# Hey talk to me about arrows



## bigbulls10 (Jul 25, 2010)

out of the 3, i say fmj's. i do not have good expiriences with carbon express.


----------



## outdoorsman3 (Nov 15, 2010)

anything but carbon express :smile:

sorry, I dont like my arrows made in Korea...


----------



## [email protected] (Jun 15, 2011)

Oh yeah. That too^


----------



## outdoorsman3 (Nov 15, 2010)

dont forget about the new carbon injection.. they look nice. I wish that easton still made the epic though


----------



## OHMathewsKid15 (Oct 8, 2011)

outdoorsman3 said:


> anything but carbon express :smile:
> 
> sorry, I dont like my arrows made in *Korea*...

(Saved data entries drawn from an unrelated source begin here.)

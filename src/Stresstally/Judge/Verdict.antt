-- ===== src/Stresstally/Judge/Verdict.antt =====
-- The verdict on a case, against the logs of its shards.
use text.Mathlib.Text.{◌==◌ as str_eq}
use probatorium.Base.{
  ℕ, zero, suc, ◌+◌, ◌<◌, ltb, ◌&&◌, not, Bool, true, false, List, [], ◌∷◌, String, Option, ◌≡◌,
  ◌↔◌, refl, ap, is_nil, arith, sum, sum-Perm, contains, insertion_sort, insertion_sort-perm,
}
use probatorium.Stresstally.Judge.{Case, ShardLog, TestResult}
use probatorium.Stresstally.Judge.Shards.{TestRow, State, start, judge_arches, one_if}
use probatorium.Stresstally.Judge.Problems.{
  arch_total, on_arch, total_arches, find_problems, arch_gaps, problem_arch_gap, add_if, ran_on,
}
use probatorium.Stresstally.Judge.Report.{row_less, verdict_of, report_of, sort_strings}
use probatorium.Stresstally.Judge.Expectations.{judge_case}
use probatorium.Stresstally.Judge.Tally.{
  Adds, pass_Adds, fail_Adds, processes_Adds, weigh_row, from_shards, weigh-judge_arches,
  restrict-arches, sum-at_arch,
}
use probatorium.Stresstally.Judge.Flaws.{
  Flawless, find_problems-nil, is_nil-sort_strings, is_nil-add_if,
}
use probatorium.Stresstally.Judge.Gaps.{at_key_and_arch, ran_on-weigh, arch_gaps-nil}
use probatorium.Stresstally.Judge.Completeness.{AllComplete, statuses-AllComplete}

verdict_of-pass :
    (problems : List String) → (verdict_of problems ≡ "PASS") ↔ (is_nil problems ≡ true)
unfolding verdict_of
verdict_of-pass [] = (λ h. refl, λ h. refl)
verdict_of-pass (p ∷ ps) = (
  λ h. let e : false ≡ true = ap (λ v. str_eq v "PASS") h in ground (arith, e),
  λ h. ground arith,
)

-- What is zero only with another number is positive with it.
positive : (m n : ℕ) → (n ≡ 0 → m ≡ 0) → 0 < m → 0 < n
positive m zero f h = let e = f refl in omega arith
positive m (suc n) f h = omega arith

module _ (quote : String → String) (is_float : String → Bool) (logs : String → Option ShardLog)
    (c : Case) (celeris_sha : String) where
  -- A count of the results of all tests in the logs of an arch's shards, and of one test only.
  abbrev pub counted : (TestResult → ℕ) → String → ℕ
  counted g a = from_shards quote is_float logs c celeris_sha (λ pkg name y. true) g a c.shards

  -- The processes of an arch in which a test passed or failed.
  abbrev pub runs : String × String → String → ℕ
  runs k a =
      from_shards quote is_float logs c celeris_sha
        (λ pkg name y. str_eq pkg k.0 && str_eq name k.1) (λ v. one_if (ltb 0 (v.pass + v.fail))) a
        c.shards

  -- The logs show that the case passed: on each arch of the case every shard is complete, nothing
  -- failed and something passed, and a test that ran on one arch ran on each.
  pub record IsClean : Type 0 where
    pub complete :
        (a : String)
        → contains a c.arches ≡ true
        → AllComplete quote is_float c celeris_sha logs a c.shards
    pub no_fail : (a : String) → contains a c.arches ≡ true → counted (λ v. v.fail) a ≡ 0
    pub some_pass : (a : String) → contains a c.arches ≡ true → 0 < counted (λ v. v.pass) a
    pub no_gap :
        (k : String × String) (a b : String)
        → contains a c.arches ≡ true
        → contains b c.arches ≡ true
        → 0 < runs k a
        → 0 < runs k b

  judged : State
  judged = judge_arches quote is_float logs c celeris_sha c.arches start

  tests : List TestRow
  unfolding judged
  tests = insertion_sort row_less judged.rows

  module _ {f : TestRow → ℕ} {g : TestResult → ℕ} (adds : Adds f g) where
    -- A count of the sorted rows at an arch is zero just where the count of its logs is.
    weigh-tests :
        (K K_at : String → String → String → Bool) (a : String)
        → contains a c.arches ≡ true
        → ((pkg name y : String) → K_at pkg name y ≡ (K pkg name y && str_eq y a))
        → (sum (weigh_row K_at f) tests ≡ 0)
          ↔ (from_shards quote is_float logs c celeris_sha K g a c.shards ≡ 0)
    unfolding tests judged
    weigh-tests K K_at a m at_arch =
        let p = sum-Perm (weigh_row K_at f) (insertion_sort-perm row_less judged.rows) in
        let w = weigh-judge_arches quote is_float logs c celeris_sha K_at g adds c.arches start in
        let r = restrict-arches quote is_float logs c celeris_sha K K_at g a at_arch c.arches in
        let (to, from) =
          sum-at_arch (λ y. from_shards quote is_float logs c celeris_sha K g y c.shards) a c.arches
            m in
        (λ h. to (omega (arith, p, w, r, h)), λ h. let z = from h in omega (arith, p, w, r, z))

    on_arch-counted :
        (a : String) → contains a c.arches ≡ true → (on_arch f a tests ≡ 0) ↔ (counted g a ≡ 0)
    unfolding on_arch
    on_arch-counted a m =
        weigh-tests (λ pkg name y. true) (λ pkg name y. str_eq y a) a m (λ pkg name y. refl)

  ran_on-runs :
      (k : String × String) (a : String)
      → contains a c.arches ≡ true
      → (ran_on tests k a ≡ true) ↔ (0 < runs k a)
  ran_on-runs k a m =
      let e = ran_on-weigh tests k a in
      let (to, from) =
        weigh-tests processes_Adds (λ pkg name y. str_eq pkg k.0 && str_eq name k.1)
          (at_key_and_arch k a) a m (λ pkg name y. ground arith) in
      let count = sum (weigh_row (at_key_and_arch k a) (λ r. r.processes)) tests in
      (
        λ h. positive count (runs k a) from (ground (arith, e, h)),
        λ h. let z = positive (runs k a) count to h in ground (arith, e, z),
      )

  arch-Clean :
      (a : String)
      → contains a c.arches ≡ true
      → Flawless (arch_total a judged.shards tests) ↔ (
          AllComplete quote is_float c celeris_sha logs a c.shards
          × (counted (λ v. v.fail) a ≡ 0)
          × (0 < counted (λ v. v.pass) a))
  unfolding arch_total judged
  arch-Clean a m =
      let (shards, back) = statuses-AllComplete quote is_float c celeris_sha logs a m in
      let (fails, fails_back) = on_arch-counted fail_Adds a m in
      let (passes, passes_back) = on_arch-counted pass_Adds a m in
      let pass = on_arch (λ r. r.pass) a tests in
      (
        λ f. (
          shards (f.no_unparsed, f.no_missing, f.no_wrong_shape),
          fails f.no_fail,
          positive pass (counted (λ v. v.pass) a) passes_back f.some_ran,
        ),
        λ h.
            let s = back h.0 in
            record {
              no_fail = fails_back h.1;
              no_unparsed = s.0;
              no_missing = s.1;
              no_wrong_shape = s.2;
              some_ran = positive (counted (λ v. v.pass) a) pass passes h.2;
            },
      )

  -- The problems are none just where the arches are flawless and no test is a gap.
  problems-IsClean :
      (is_nil (find_problems (total_arches c.arches judged.shards tests) [])
          && is_nil (arch_gaps tests c.arches))
        ≡ true
      → IsClean
  problems-IsClean h =
      let flawless =
        ((find_problems-nil c.arches judged.shards tests []).0 (ground (arith, h))).1 in
      let all = (arch_gaps-nil tests c.arches).0 (ground (arith, h)) in
      record {
        complete = λ a m. ((arch-Clean a m).0 (flawless a m)).0;
        no_fail = λ a m. ((arch-Clean a m).0 (flawless a m)).1;
        some_pass = λ a m. ((arch-Clean a m).0 (flawless a m)).2;
        no_gap = λ k a b m n r. (ran_on-runs k b n).0 (all k a b m n ((ran_on-runs k a m).1 r));
      }

  IsClean-problems :
      IsClean
      → (is_nil (find_problems (total_arches c.arches judged.shards tests) [])
          && is_nil (arch_gaps tests c.arches))
        ≡ true
  IsClean-problems clean =
      let nil = (find_problems-nil c.arches judged.shards tests []).1 (
        refl,
        λ a m. (arch-Clean a m).1 (clean.complete a m, clean.no_fail a m, clean.some_pass a m),
      ) in
      let none =
        (arch_gaps-nil tests c.arches).1 (λ k a b m n r.
          (ran_on-runs k b n).1 (clean.no_gap k a b m n ((ran_on-runs k a m).0 r))) in
      ground (arith, nil, none)

  -- The verdict on a case is PASS just where its logs show that: on each arch of the case each
  -- shard has a log that was not refused, whose header has every wanted value, to which neither
  -- the parser nor the observation rules object; no test failed and some test passed; and each
  -- test that passed or failed on one arch of the case did so on every arch of it.
  pub judge_case-IsClean :
      ((judge_case quote is_float logs c celeris_sha).verdict ≡ "PASS") ↔ IsClean
  unfolding judge_case report_of judged tests
  judge_case-IsClean =
      let found = find_problems (total_arches c.arches judged.shards tests) [] in
      let gaps = is_nil (arch_gaps tests c.arches) in
      let problems = add_if (not gaps) problem_arch_gap found in
      let (to, from) = verdict_of-pass (sort_strings problems) in
      let s = is_nil-sort_strings problems in
      let a = is_nil-add_if (not gaps) problem_arch_gap found in
      (
        λ h. let t = to h in problems-IsClean (ground (arith, t, s, a)),
        λ clean. let b = IsClean-problems clean in from (ground (arith, b, s, a)),
      )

Nor do l. Ive had problems with every kind of arrow I owned but Eastons
Are you looking for a hunting arrow or somthing for Target/3D?


----------



## [email protected] (Jun 15, 2011)

outdoorsman3 said:


> dont forget about the new carbon injection.. they look nice. I wish that easton still made the epic though


 Yes they do but they're also $160 for bare shafts. And you can only use Deep Six components and broadheads.


----------



## outdoorsman3 (Nov 15, 2010)

holy crap, I still want em! cause im gonna shoot the killzone anyways.


----------



## N7709K (Dec 17, 2008)

the fmj's are heavy but do carry some benefits over the other shafts. i don't like cx just from my run ins with them, dont matter where they are made they are either good or bad, imo....

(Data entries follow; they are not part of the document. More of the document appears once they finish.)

-- ===== src/Stresstally/Parse.antt =====
-- tools/stresstally/parse.go: reading the log of a shard. A regular expression of the source is a
-- parameter, the answer of its match on a line: whether it matches, or the texts of its groups.
-- So are `strings.TrimSpace`, `strings.Fields`, and the order in which `range` goes over a map.
-- A map is a list of its entries; a text stands for its bytes.
pub mod Reader
pub mod Excerpt
pub mod Scan
pub mod Shard
pub mod Output
pub mod Steps
pub mod Flush
pub mod Closing
pub mod Counts
pub mod Runs
pub mod Trouble
pub mod Header
pub mod Clean
pub mod Sound
pub mod Sample
mod Tests
use text.Mathlib.Text.{◌==◌ as str_eq}
use Prim.Native.String.{◌++◌ as ◌+++◌}
use probatorium.Base.{
  Fields, ℕ, ℤ, if◌then◌else◌, ◌&&◌, not, Bool, true, false, List, [], ◌∷◌, ◌++◌, String, Option,
  contains,
}
use probatorium.Stresstally.Judge.{ShardLog}

pub record Patterns : Type 0 where
  -- The result and the name of a verdict.
  pub verdict_re : String → Option (String × String)
  pub glued_re : String → Option (String × String)
  pub run_re : String → Option String
  pub marker_re : String → Option String
  pub ok_pkg_re : String → Option String
  pub fail_pkg_re : String → Option String
  pub no_files_re : String → Option String
  pub broken_re : String → Option String
  pub panic_re : String → Bool
  pub timeout_re : String → Bool
  pub fatal_re : String → Bool
  pub signal_re : String → Bool
  pub race_re : String → Bool
  pub running_re : String → Option String
  -- The exit status and the elapsed seconds.
  pub trailer_re : String → Option (String × String)
  pub trim_space : String → String
  pub words : String → List String
  pub ranged : List (String × ℤ) → List (String × ℤ)

abbrev pub reason_no_trailer : String
reason_no_trailer = "no-trailer"

abbrev pub reason_no_verdicts : String
reason_no_verdicts = "no-verdicts"

abbrev pub reason_panic : String
reason_panic = "panic"

abbrev pub reason_timeout : String
reason_timeout = "timeout"

abbrev pub reason_fatal : String
reason_fatal = "fatal-error"

abbrev pub reason_signal : String
reason_signal = "killed-by-signal"

abbrev pub reason_build_failed : String
reason_build_failed = "build-failed"

abbrev pub reason_unterminated : String
reason_unterminated = "no-package-result"

abbrev pub reason_ran_without_verdict : String
reason_ran_without_verdict = "ran-without-verdict"

abbrev pub reason_verdict_without_run : String
reason_verdict_without_run = "verdict-without-run"

abbrev pub reason_glued : String
reason_glued = "glued-verdict"

abbrev pub reason_pkg_fail_no_test : String
reason_pkg_fail_no_test = "package-failed-without-a-failing-test"

abbrev pub reason_exit_mismatch : String
reason_exit_mismatch = "exit-status-disagrees"

abbrev pub reason_unreadable : String
reason_unreadable = "unreadable"

abbrev pub reason_refused : String
reason_refused = "refused"

unfoldable pub message : String → String → String
message r detail = if str_eq detail "" then r else r +++ ": " +++ detail

-- `reason`, on the reasons of a log: each is kept once.
unfoldable pub add_reason : String → String → List String → List String
unfolding message contains
add_reason r detail reasons =
    if contains (message r detail) reasons then reasons else reasons ++ message r detail ∷ []

unfoldable pub new_shard_log : ShardLog
new_shard_log = record {
  header = [];
  exit = "";
  elapsed = "";
  refused = "";
  results = [];
  reasons = [];
  notes = [];
  failures = [];
  races = 0;
  timed_out = [];
  after = [];
  obs = [];
}

-- An assignment to a map of texts.
unfoldable pub put : Fields → String → String → Fields
put [] key value = (key, value) ∷ []
put (f ∷ fields) key value =
    if str_eq f.0 key then (key, value) ∷ fields else f ∷ put fields key value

what you looking at spending?


----------



## PAxDEERxSLAYER (Aug 24, 2011)

i used to shoot FMJs and never had a problem except they bend really easy. i might be switchin to CX blue streaks this year or back to easton FMJs


----------



## muzzyman1212 (Mar 28, 2009)

outdoorsman3 said:


> dont forget about the new carbon injection.. they look nice. I wish that easton still made the epic though


Buy a bunch right now while there on sale cause people are getting new stock of eastons. Thats what I did with the st axis.


----------



## outdoorsman3 (Nov 15, 2010)

muzzyman1212 said:


> Buy a bunch right now while there on sale cause people are getting new stock of eastons. Thats what I did with the st axis.


I probably will!


----------



## HardWood (Nov 21, 2011)

lets just say gold tip devastator's don't hold up well against my fence...lol, but their cheap


----------



## [email protected] (Jun 15, 2011)

N7709K said:


> the fmj's are heavy but do carry some benefits over the other shafts. i don't like cx just from my run ins with them, dont matter where they are made they are either good or bad, imo....
> 
> what you looking at spending?


I'm looking for a 440-480 grain arrow. And I'd rather not spend over $120 for bare shafts.


----------



## [email protected] (Jun 15, 2011)

OHMathewsKid15 said:


> Nor do l. Ive had problems with every kind of arrow I owned but Eastons
> Are you looking for a hunting arrow or somthing for Target/3D?


 Hunting arrows


----------



## HoughsArchery (Oct 7, 2011)

Maxima Hunters


----------



## OHMathewsKid15 (Oct 8, 2011)

[email protected] said:


> Hunting arrows


For a hard hitting hunting arrow id have to go with the FMJ's, cut to 28 inches and with a normal HIT insert theyll probly be about 470 grains


----------



## Z7XtremeBoy (Jan 16, 2012)

Carbon Express Mayhem Hunters. Best hunting shaft EVER. NEVER had a problem with them


----------



## lakeboy1971 (Dec 5, 2010)

I agree with Z7XtremeBoy, the Mayhem Hunters worked great for me last year!!


----------



## N7709K (Dec 17, 2008)

i'd get the axis st or the fmj's.. axis will be 440gr fmj's will be 480gr's... blazers or 3" vanes


----------



## [email protected] (Jun 15, 2011)

Blazers. And with 64lbs and a 29" arrow I'm guessing I need a 340 spine, right?


----------



## [email protected] (Jun 15, 2011)

Oh and a 100 grain point


----------



## [email protected] (Jun 15, 2011)

Might look at the Mayhem hunters too


----------



## N7709K (Dec 17, 2008)

I'll let you know how the injexion do, just got a doz... Fletching a half doz tonight and gonna see how they do


----------



## OHMathewsKid15 (Oct 8, 2011)

[email protected] said:


> Blazers. And with 64lbs and a 29" arrow I'm guessing I need a 340 spine, right?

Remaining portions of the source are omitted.